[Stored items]
###

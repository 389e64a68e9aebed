-- ===== src/Chart/Tests.antt =====
-- A rendered chart for scripts/check_chart.py.
use floodgate.Common.{none, some, [], ◌∷◌, ◌≡◌, ◌≢◌}
use floodgate.Value.{Value, null, int, str, obj, Fields, field, end}
use floodgate.Value.Int.{pos}
use floodgate.Config.Load.{document, mapping}
use floodgate.Config.Samples
use floodgate.Common.{refl, inr}
use floodgate.Value.{get, truthy}
use floodgate.Config.Load.{chosen_path}
use floodgate.Config.Load.Merge.{IsMerged}
use floodgate.Config.Valid.Loads.{Loads}
use floodgate.Chart.{Checker, written, check_chart}
use floodgate.Chart.Lookups.{zero_int}
use floodgate.Chart.Membership.{in_dict}
use floodgate.Chart.Kinds.{empty_first, this, not_this, another, no_more}
use floodgate.Chart.ConfigMap.{HasConfig}
use floodgate.Chart.Deployment.{IsRolledSafely}
use floodgate.Chart.Passes.{IsSafeChart, check_chart-passes_iff}

abbrev checker : Checker
checker = record {
  machine = Samples.machine;
  parse = λ text. document (mapping Samples.file);
  temporary = "/tmp/rendered.yaml";
  is_member = λ k v. none;
}

abbrev config_map : Value
config_map = obj (
    field "kind" (str "ConfigMap")
      (field "data" (obj (field "config.yaml" (str "drop_enabled: true") end)) end))

abbrev pod : Fields
pod =
    field "metadata"
      (obj (field "annotations" (obj (field "checksum/config" (str "e3b0") end)) end)) end

abbrev strategy : Fields
strategy = field "rollingUpdate" (obj (field "maxUnavailable" (int (pos 0)) end)) end

abbrev deployment : Value
deployment = obj (
    field "kind" (str "Deployment")
      (field "spec" (obj (field "template" (obj pod) (field "strategy" (obj strategy) end))) end))

-- The file that the check writes is the sample configuration.
merged :
    IsMerged
      (written checker "drop_enabled: true")
      (chosen_path (written checker "drop_enabled: true") (some "/tmp/rendered.yaml"))
      Samples.merged_values
unfolding chosen_path
merged = inr (Samples.file, refl, Samples.known_keys, refl)

accepted_text :
    Loads (written checker "drop_enabled: true") (some "/tmp/rendered.yaml") Samples.loaded
accepted_text = record {
  values = Samples.merged_values;
  zerohop = "LongFast" ∷ [];
  scope = some ("LongFast" ∷ []);
  names = "TEXT_MESSAGE_APP" ∷ [];
  merge = merged;
  accepts = Samples.accepted;
  result = Samples.loaded-normalised;
}

config_held : HasConfig checker config_map
unfolding get
config_held = record {
  top = _;
  data_fields = _;
  text = "drop_enabled: true";
  config = Samples.loaded;
  is_top = refl;
  has_data = refl;
  has_text = refl;
  loads = accepted_text;
}

rolls : IsRolledSafely checker deployment
unfolding get truthy
rolls = record {
  top = _;
  spec = _;
  template = _;
  metadata = _;
  annotations = _;
  strategy = _;
  rolling = _;
  max_unavailable = _;
  is_top = refl;
  has_spec = refl;
  has_template = refl;
  has_metadata = refl;
  has_annotations = refl;
  counts = refl;
  has_checksum = in_dict _ _ refl;
  has_strategy = refl;
  has_rolling = refl;
  has_max = refl;
  none_unavailable = zero_int;
}

not_config : ◌≢◌ {A = Value} (str "Deployment") (str "ConfigMap")
not_config e = cc

not_deployment : ◌≢◌ {A = Value} (str "ConfigMap") (str "Deployment")
not_deployment e = cc

safe : IsSafeChart checker (some (null ∷ config_map ∷ deployment ∷ []))
unfolding get truthy
safe = record {
  docs = null ∷ config_map ∷ deployment ∷ [];
  config_map = config_map;
  deployment = deployment;
  parses = refl;
  one_config = empty_first refl (this refl refl refl (another refl refl not_config no_more));
  one_deployment =
      empty_first refl (not_this refl refl not_deployment (this refl refl refl no_more));
  has_config = config_held;
  is_rolled_safely = rolls;
}

check_chart-passes_iff_example :
    check_chart checker (some (null ∷ config_map ∷ deployment ∷ [])) ≡ some (0, [])
check_chart-passes_iff_example =
    (check_chart-passes_iff checker (some (null ∷ config_map ∷ deployment ∷ []))).1 safe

###

## Your objective
Quote every record above exactly.

## Answer to this exercise
repository 389e64a68e9aebed
-- ===== src/Chart/Tests.antt =====
-- A rendered chart for scripts/check_chart.py.
use floodgate.Common.{none, some, [], ◌∷◌, ◌≡◌, ◌≢◌}
use floodgate.Value.{Value, null, int, str, obj, Fields, field, end}
use floodgate.Value.Int.{pos}
use floodgate.Config.Load.{document, mapping}
use floodgate.Config.Samples
use floodgate.Common.{refl, inr}
use floodgate.Value.{get, truthy}
use floodgate.Config.Load.{chosen_path}
use floodgate.Config.Load.Merge.{IsMerged}
use floodgate.Config.Valid.Loads.{Loads}
use floodgate.Chart.{Checker, written, check_chart}
use floodgate.Chart.Lookups.{zero_int}
use floodgate.Chart.Membership.{in_dict}
use floodgate.Chart.Kinds.{empty_first, this, not_this, another, no_more}
use floodgate.Chart.ConfigMap.{HasConfig}
use floodgate.Chart.Deployment.{IsRolledSafely}
use floodgate.Chart.Passes.{IsSafeChart, check_chart-passes_iff}

abbrev checker : Checker
checker = record {
  machine = Samples.machine;
  parse = λ text. document (mapping Samples.file);
  temporary = "/tmp/rendered.yaml";
  is_member = λ k v. none;
}

abbrev config_map : Value
config_map = obj (
    field "kind" (str "ConfigMap")
      (field "data" (obj (field "config.yaml" (str "drop_enabled: true") end)) end))

abbrev pod : Fields
pod =
    field "metadata"
      (obj (field "annotations" (obj (field "checksum/config" (str "e3b0") end)) end)) end

abbrev strategy : Fields
strategy = field "rollingUpdate" (obj (field "maxUnavailable" (int (pos 0)) end)) end

abbrev deployment : Value
deployment = obj (
    field "kind" (str "Deployment")
      (field "spec" (obj (field "template" (obj pod) (field "strategy" (obj strategy) end))) end))

-- The file that the check writes is the sample configuration.
merged :
    IsMerged
      (written checker "drop_enabled: true")
      (chosen_path (written checker "drop_enabled: true") (some "/tmp/rendered.yaml"))
      Samples.merged_values
unfolding chosen_path
merged = inr (Samples.file, refl, Samples.known_keys, refl)

accepted_text :
    Loads (written checker "drop_enabled: true") (some "/tmp/rendered.yaml") Samples.loaded
accepted_text = record {
  values = Samples.merged_values;
  zerohop = "LongFast" ∷ [];
  scope = some ("LongFast" ∷ []);
  names = "TEXT_MESSAGE_APP" ∷ [];
  merge = merged;
  accepts = Samples.accepted;
  result = Samples.loaded-normalised;
}

config_held : HasConfig checker config_map
unfolding get
config_held = record {
  top = _;
  data_fields = _;
  text = "drop_enabled: true";
  config = Samples.loaded;
  is_top = refl;
  has_data = refl;
  has_text = refl;
  loads = accepted_text;
}

rolls : IsRolledSafely checker deployment
unfolding get truthy
rolls = record {
  top = _;
  spec = _;
  template = _;
  metadata = _;
  annotations = _;
  strategy = _;
  rolling = _;
  max_unavailable = _;
  is_top = refl;
  has_spec = refl;
  has_template = refl;
  has_metadata = refl;
  has_annotations = refl;
  counts = refl;
  has_checksum = in_dict _ _ refl;
  has_strategy = refl;
  has_rolling = refl;
  has_max = refl;
  none_unavailable = zero_int;
}

not_config : ◌≢◌ {A = Value} (str "Deployment") (str "ConfigMap")
not_config e = cc

not_deployment : ◌≢◌ {A = Value} (str "ConfigMap") (str "Deployment")
not_deployment e = cc

safe : IsSafeChart checker (some (null ∷ config_map ∷ deployment ∷ []))
unfolding get truthy
safe = record {
  docs = null ∷ config_map ∷ deployment ∷ [];
  config_map = config_map;
  deployment = deployment;
  parses = refl;
  one_config = empty_first refl (this refl refl refl (another refl refl not_config no_more));
  one_deployment =
      empty_first refl (not_this refl refl not_deployment (this refl refl refl no_more));
  has_config = config_held;
  is_rolled_safely = rolls;
}

check_chart-passes_iff_example :
    check_chart checker (some (null ∷ config_map ∷ deployment ∷ [])) ≡ some (0, [])
check_chart-passes_iff_example =
    (check_chart-passes_iff checker (some (null ∷ config_map ∷ deployment ∷ []))).1 safe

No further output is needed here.